The present study has several limitations that must be considered. First, the cross-sectional design precluded conclusions on the temporal relationship of elevated circulating omentin-1 with diabetic osteoporosis. Thus, further large-scale longitudinal studies are needed, especially to determine the role of circulating omentin-1 in the development of diabetic osteoporosis. Second, imaging examination was not performed in all patients with T2DM. Thus, highly prevalent nonsymptomatic vertebral fractures cannot be ruled out, which will likely underestimate the rule prevalence of diabetic osteoporosis and fractures. Remarkably, though, self-report of previous physician diagnosis is often used to assess the rate of osteoporosis, fractures, and/or diabetes in large-scale population studies. We were also unable to distinguish between different types of fractures, given the small number of people for each type of fracture. Third, we only evaluated leukocytes and its subtypes as inflammation markers, and Hb, bilirubin, UA, GGT, and albumin as oxidative stress parameters. The lack of classical inflammatory and oxidative stress markers such as TNF-α, IL-6, glutathione, superoxide dismutase, or 8-iso-prostaglandin F2α analysis and/or correlation makes it difficult to draw any consistent conclusion regarding the possibility of these indicators as mentioned above to predict evaluated circulating omentin-1 and the development of diabetic osteoporosis. Fourth, although many potential confounding variables were included in the analysis, it is possible that not all risk factors may have been adequately captured in our study. Despite these limitations, the current study is not without strengths, including a relatively large sample size, the use of a standardized method at a single center, and thorough adjustment for possible confounders, which can raise the reliability of our findings. Moreover, our study, to our knowledge, provides the first clinical evidence on a potential link between circulating omentin-1 and diabetic osteoporosis.

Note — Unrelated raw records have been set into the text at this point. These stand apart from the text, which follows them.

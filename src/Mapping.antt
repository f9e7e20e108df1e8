-- ===== src/Mapping.antt =====
-- repo/mapping.go: the devices and images that mapping.json lists.
mod Defs
mod Lookup
pub mod Fill
pub mod Find
pub mod Failure
pub mod Updates
unfoldable pub use Defs.*
unfoldable pub use Lookup.*
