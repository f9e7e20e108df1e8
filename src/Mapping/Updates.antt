-- ===== src/Mapping/Updates.antt =====
-- repo/mapping.go: the download of mapping.json.
use iotit.Base.{ℕ, String, Bool, true, Option, none, some, List, ◌∷◌, leb, if◌then◌else◌}
use iotit.Effects.{Event, downloaded, M, done, pure, fail, ◌>>=◌, ◌>>◌}

-- os.Stat of a file: it does not exist, it cannot be looked at, or its age in whole hours.
pub data Stat : Type 0 where
  absent unreadable : Stat
  aged : ℕ → Stat

-- help.DownloadFile, os.Chtimes to the present time and os.Stat; `path`, where mapping.json is kept.
pub record MappingFile : Type 0 where
  pub download_file : List Event → String → String → Option String
  pub touch : List Event → String → Option String
  pub stat : List Event → String → Stat
  pub path : String

abbrev pub images_repo : String
images_repo = "https://raw.githubusercontent.com/xshellinc/iotit/master/mapping.json"

module _ (files : MappingFile) where
  unfoldable pub fetch_mapping : M (Option String)
  fetch_mapping h =
      (done (files.download_file h files.path images_repo), downloaded images_repo files.path ∷ h)

  unfoldable pub touch_mapping : M (Option String)
  touch_mapping h = (done (files.touch h files.path), h)

  abbrev pub touch_after : Option String → M (Option String)
  touch_after (some e) = pure (some e)
  touch_after none = touch_mapping

  -- DownloadDevicesRepository
  unfoldable pub download_devices_repository : M (Option String)
  unfolding fetch_mapping touch_mapping
  download_devices_repository = fetch_mapping >>= touch_after

  -- The test of CheckDevicesRepository. A file that cannot be looked at has no information, and
  -- reading its time panics.
  abbrev pub is_old : Stat → M Bool
  is_old absent = pure true
  is_old unreadable = fail
  is_old (aged hours) = pure (leb 24 hours)

  unfoldable pub stat_mapping : M Stat
  stat_mapping h = (done (files.stat h files.path), h)

  -- CheckDevicesRepository, which does not look at the error of the download
  unfoldable pub check_devices_repository : M (Unit {0})
  unfolding download_devices_repository stat_mapping
  check_devices_repository = do
    found ← stat_mapping
    old ← is_old found
    if old then (download_devices_repository >>= λ err. pure tt) else pure tt

  -- GenMappingFile
  unfoldable pub gen_mapping_file : M (Option String)
  unfolding download_devices_repository
  gen_mapping_file = do download_devices_repository; pure none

In summary, our study demonstrated that circulating omentin-1 level is significantly elevated in patients with diabetic osteoporosis, and it is an independent predictor of the presence of female diabetic osteoporosis, thereby suggesting that circulating omentin-1 may be a potential biomarker for osteoporosis in female patients with T2DM. However, further prospective, large-scale, randomized controlled studies are warranted to establish our results and elucidate the underlying mechanism of the association between circulating omentin-1 and diabetic osteoporosis.